Hint: Start by coming up with a recursive plan: the digits of a number have double eights if either (think of something that is straightforward to check) or double eights appear in the rest of the digits.

def double_eights(n):
    """ Returns whether or not n has two digits in row that
    are the number 8. Assume n has at least two digits in it.

    >>> double_eights(1288)
    True
    >>> double_eights(880)
    True
    >>> double_eights(538835)
    True
    >>> double_eights(284682)
    False
    >>> double_eights(588138)
    True
    >>> double_eights(78)
    False
    >>> from construct_check import check
    >>> # ban iteration
    >>> check(LAB_SOURCE_FILE, 'double_eights', ['While', 'For'])
    True
    """
    "*** YOUR CODE HERE ***"

Use Ok to test your code:

python3 ok -q double_eights

Q8: Making Onions

Write a function make_onion that takes in two one-argument functions, f and g. It returns a function that takes in three arguments: x, y, and limit. The returned function returns True if it is possible to reach y from x using up to limit calls to f and g, and False otherwise.

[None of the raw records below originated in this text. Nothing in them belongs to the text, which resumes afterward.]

-- ===== src/Event/Script.antt =====
-- Messages as sequences of frames, each given by the pieces in which it comes in.
use wslay.Prelude.{
  ℕ, suc, ◌≤◌, ◌≡◌, ◌≢◌, refl, sym, ap, subst, ◌∙◌, ◌⊎◌, inl, inr, Bool, true, false, not, ◌==◌,
  List, [], ◌∷◌, ◌++◌, arith, length, length-append, All, IsByte, bit_and,
}
use wslay.Protocol.{
  text_frame, binary_frame, connection_close, ping, pong, Iocb, continuation_frame,
}
use wslay.Utf8.{utf8_accept, utf8_reject}
use wslay.Event.Context.{QueueState, live, freed, misused, Imsg, config_no_buffering}
use wslay.Event.Recv.{OnMsgRecvArg, is_control}
use wslay.Event.Chunks.{concat}
use wslay.Event.View.{View, pick, text_state}
use wslay.Event.Pieces.{Slot}
use wslay.Event.Finish.{IsBlank, IsReset, IsOver, passed}
use wslay.Event.Cuts.{IsCut, frame_iocbs, alive_before}

-- What follows the first frame of a message: its last frame, an inner one, or a whole control
-- message. A frame is given by its pieces.
pub data Rest : Type 0 where
  ends : List (List ℕ) → Rest
  goes_on : List (List ℕ) → Rest → Rest
  control : ℕ → List (List ℕ) → Rest → Rest

pub data Message : Type 0 where
  whole : ℕ → List (List ℕ) → Message
  begun : ℕ → List (List ℕ) → Rest → Message

-- What `wslay_frame_recv` returns for it.
abbrev pub rest_iocbs : Bool → Rest → List Iocb
rest_iocbs mask (ends ps) = frame_iocbs 1 continuation_frame mask ps
rest_iocbs mask (goes_on ps r) = frame_iocbs 0 continuation_frame mask ps ++ rest_iocbs mask r
rest_iocbs mask (control op ps r) = frame_iocbs 1 op mask ps ++ rest_iocbs mask r

abbrev pub message_iocbs : Bool → Message → List Iocb
message_iocbs mask (whole op ps) = frame_iocbs 1 op mask ps
message_iocbs mask (begun op ps r) = frame_iocbs 0 op mask ps ++ rest_iocbs mask r

-- What is passed on: every control message as it comes, and the data message, with the payload `m`
-- before, when it is whole.
abbrev pub rest_passed : ℕ → List ℕ → Rest → List OnMsgRecvArg
rest_passed op m (ends ps) = passed op (m ++ concat ps) ∷ []
rest_passed op m (goes_on ps r) = rest_passed op (m ++ concat ps) r
rest_passed op m (control o ps r) = passed o (concat ps) ∷ rest_passed op m r

abbrev pub message_passed : Message → List OnMsgRecvArg
message_passed (whole op ps) = passed op (concat ps) ∷ []
message_passed (begun op ps r) = rest_passed op (concat ps) r

-- The control messages inside a message.
abbrev pub controls : Rest → ℕ
controls (ends ps) = 0
controls (goes_on ps r) = controls r
controls (control o ps r) = suc (controls r)

-- The frames are cut as `wslay_frame_recv` cuts them, control messages are pings or pongs of at most
-- 125 bytes, the whole message is not longer than the limit, and a text is well-formed.
abbrev pub IsFrameCut : List (List ℕ) → Type 0
IsFrameCut ps = IsCut (length (concat ps)) ps × All IsByte (concat ps)

abbrev pub IsGoodRest : ℕ → ℕ → List ℕ → Rest → Type 0
IsGoodRest max op m (ends ps) =
    IsFrameCut ps × (length (m ++ concat ps) ≤ max) × (text_state op (m ++ concat ps) ≡ utf8_accept)
IsGoodRest max op m (goes_on ps r) = IsFrameCut ps × IsGoodRest max op (m ++ concat ps) r
IsGoodRest max op m (control o ps r) =
    IsFrameCut ps
    × ((o ≡ ping) ⊎ (o ≡ pong))
    × (length (concat ps) ≤ 125)
    × (length (concat ps) ≤ max)
    × IsGoodRest max op m r

abbrev pub IsGood : ℕ → Message → Type 0
IsGood max (whole op ps) =
    IsFrameCut ps
    × ((op ≡ text_frame) ⊎ (op ≡ binary_frame) ⊎ (op ≡ ping) ⊎ (op ≡ pong))
    × ((op == ping) ≡ true → length (concat ps) ≤ 125)
    × (length (concat ps) ≤ max)
    × (text_state op (concat ps) ≡ utf8_accept)
IsGood max (begun op ps r) =
    IsFrameCut ps
    × ((op ≡ text_frame) ⊎ (op ≡ binary_frame))
    × (controls r ≤ 1)
    × IsGoodRest max op (concat ps) r

-- The place of control messages can still take those of the rest: it has not been used and there is
-- at most one, or there is none.
abbrev pub is_misused : QueueState → Bool
is_misused misused = true
is_misused live = false
is_misused freed = false

abbrev pub HasPlace : Rest → Imsg → Type 0
HasPlace r i = ((controls r ≡ 0) × (is_misused i.queue ≡ false)) ⊎ ((controls r ≤ 1) × IsBlank i)

pub HasPlace-fine : (r : Rest) (i : Imsg) → HasPlace r i → is_misused i.queue ≡ false
HasPlace-fine r i (inl (nothing, fine)) = fine
HasPlace-fine r i (inr (one, blank)) = ap is_misused blank.queue

-- No message is in progress, and none has been.
pub record IsIdle (max : ℕ) (server : Bool) (v : View) : Type 0 where
  pub config : bit_and v.config config_no_buffering ≡ 0
  pub limit : v.max ≡ max
  pub role : v.server ≡ server
  pub first : v.second ≡ false
  pub blank : IsBlank v.imsgs.0
  pub blank_second : IsBlank v.imsgs.1
  pub len : v.len ≡ 0
  pub off : v.off ≡ 0

-- A good rest fits, and has not been refused so far.
pub rest_fits : (max op : ℕ) (m : List ℕ) (r : Rest) → IsGoodRest max op m r → length m ≤ max
rest_fits max op m (ends ps) g = omega (arith, g.1, length-append m (concat ps))
rest_fits max op m (goes_on ps r) g =
    omega (arith, rest_fits max op (m ++ concat ps) r g.1, length-append m (concat ps))
rest_fits max op m (control o ps r) g = rest_fits max op m r g.4

pub accept-ne_reject : {s : ℕ} → s ≡ utf8_accept → s ≢ utf8_reject
accept-ne_reject e q = absurd (omega (arith, e, q))

pub rest_alive :
    (max op : ℕ) (m : List ℕ) (r : Rest) → IsGoodRest max op m r → text_state op m ≢ utf8_reject
rest_alive max op m (ends ps) g = alive_before op m (concat ps) g.0.1 (accept-ne_reject g.2)
rest_alive max op m (goes_on ps r) g =
    alive_before op m (concat ps) g.0.1 (rest_alive max op (m ++ concat ps) r g.1)
rest_alive max op m (control o ps r) g = rest_alive max op m r g.4

-- A message has come in, and no other one is in progress: the queue of the first place has been freed
-- once, and neither queue has been used or freed after it was freed.
pub record IsDone (max : ℕ) (server : Bool) (v : View) : Type 0 where
  pub config : bit_and v.config config_no_buffering ≡ 0
  pub limit : v.max ≡ max
  pub role : v.server ≡ server
  pub first : v.second ≡ false
  pub reset : IsReset v.imsgs.0
  pub fine : is_misused v.imsgs.1.queue ≡ false
  pub len : v.len ≡ 0
  pub off : v.off ≡ 0

pub IsOver-IsDone :
    (k : Slot) (v : View)
    → bit_and k.config config_no_buffering ≡ 0
    → k.second ≡ false
    → is_misused k.other.queue ≡ false
    → IsOver k v
    → IsDone k.max k.server v
IsOver-IsDone k v keep slot fine over = record {
  config = ap (λ x. bit_and x config_no_buffering) over.config ∙ keep;
  limit = over.max;
  role = over.server;
  first = over.first;
  reset = subst (λ b. IsReset (pick b v.imsgs)) slot over.reset;
  fine =
      ap (λ (i : Imsg). is_misused i.queue) (sym (ap (λ b. pick (not b) v.imsgs) slot) ∙ over.other)
      ∙ fine;
  len = over.len;
  off = over.off;
}

-- What is known of the opcode of a data message.
pub record IsData (op : ℕ) : Type 0 where
  pub not_close : (op == connection_close) ≡ false
  pub used : (op == 0xff) ≡ false
  pub not_ping : (op == ping) ≡ false

pub record IsControl (o : ℕ) : Type 0 where
  pub not_close : (o == connection_close) ≡ false
  pub used : (o == 0xff) ≡ false
  pub not_next : (o == continuation_frame) ≡ false
  pub not_text : (o == text_frame) ≡ false
  pub kind : is_control o ≡ true

pub IsData-cases : (op : ℕ) → (op ≡ text_frame) ⊎ (op ≡ binary_frame) → IsData op
IsData-cases op (inl e) = record { not_close = rw e refl; used = rw e refl; not_ping = rw e refl }
IsData-cases op (inr e) = record { not_close = rw e refl; used = rw e refl; not_ping = rw e refl }

pub IsControl-cases : (o : ℕ) → (o ≡ ping) ⊎ (o ≡ pong) → IsControl o
IsControl-cases o (inl e) = record {
  not_close = rw e refl;
  used = rw e refl;
  not_next = rw e refl;
  not_text = rw e refl;
  kind = rw e refl;
}
IsControl-cases o (inr e) = record {
  not_close = rw e refl;
  used = rw e refl;
  not_next = rw e refl;
  not_text = rw e refl;
  kind = rw e refl;
}

pub unchecked : (o : ℕ) (xs : List ℕ) → (o == text_frame) ≡ false → text_state o xs ≡ utf8_accept
unchecked o xs e = rw e refl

For example, if f adds 1 and g doubles, then it is possible to reach 25 from 5 in four calls: f(g(g(f(5)))).

def make_onion(f, g):
    """Return a function can_reach(x, y, limit) that returns
    whether some call expression containing only f, g, and x with
    up to limit calls will give the result y.

    >>> up = lambda x: x + 1
    >>> double = lambda y: y * 2
    >>> can_reach = make_onion(up, double)
    >>> can_reach(5, 25, 4)      # 25 = up(double(double(up(5))))
    True
    >>> can_reach(5, 25, 3)      # Not possible
    False
    >>> can_reach(1, 1, 0)      # 1 = 1
    True
    >>> add_ing = lambda x: x + "ing"
    >>> add_end = lambda y: y + "end"
    >>> can_reach_string = make_onion(add_ing, add_end)
    >>> can_reach_string("cry", "crying", 1)      # "crying" = add_ing("cry")
    True
    >>> can_reach_string("un", "unending", 3)     # "unending" = add_ing(add_end("un"))
    True
    >>> can_reach_string("peach", "folding", 4)   # Not possible
    False
    """
    def can_reach(x, y, limit):
        if limit < 0:
            return ____
        elif x == y:
            return ____
        else:
            return can_reach(____, ____, limit - 1) or can_reach(____, ____, limit - 1)
    return can_reach

Use Ok to test your code:

python3 ok -q make_onion

Check Your Score Locally

You can locally check your score on each question of this assignment by running

python3 ok --score

This does NOT submit the assignment! When you are satisfied with your score, submit the assignment to Gradescope to receive credit for it.

Submit

Submit this assignment by uploading any files you've edited to the appropriate Gradescope assignment. Lab 00 has detailed instructions.

In addition, all students who are not in the mega lab must complete this attendance form. Submit this form each week, whether you attend lab or missed it for a good reason. The attendance form is not required for mega section students.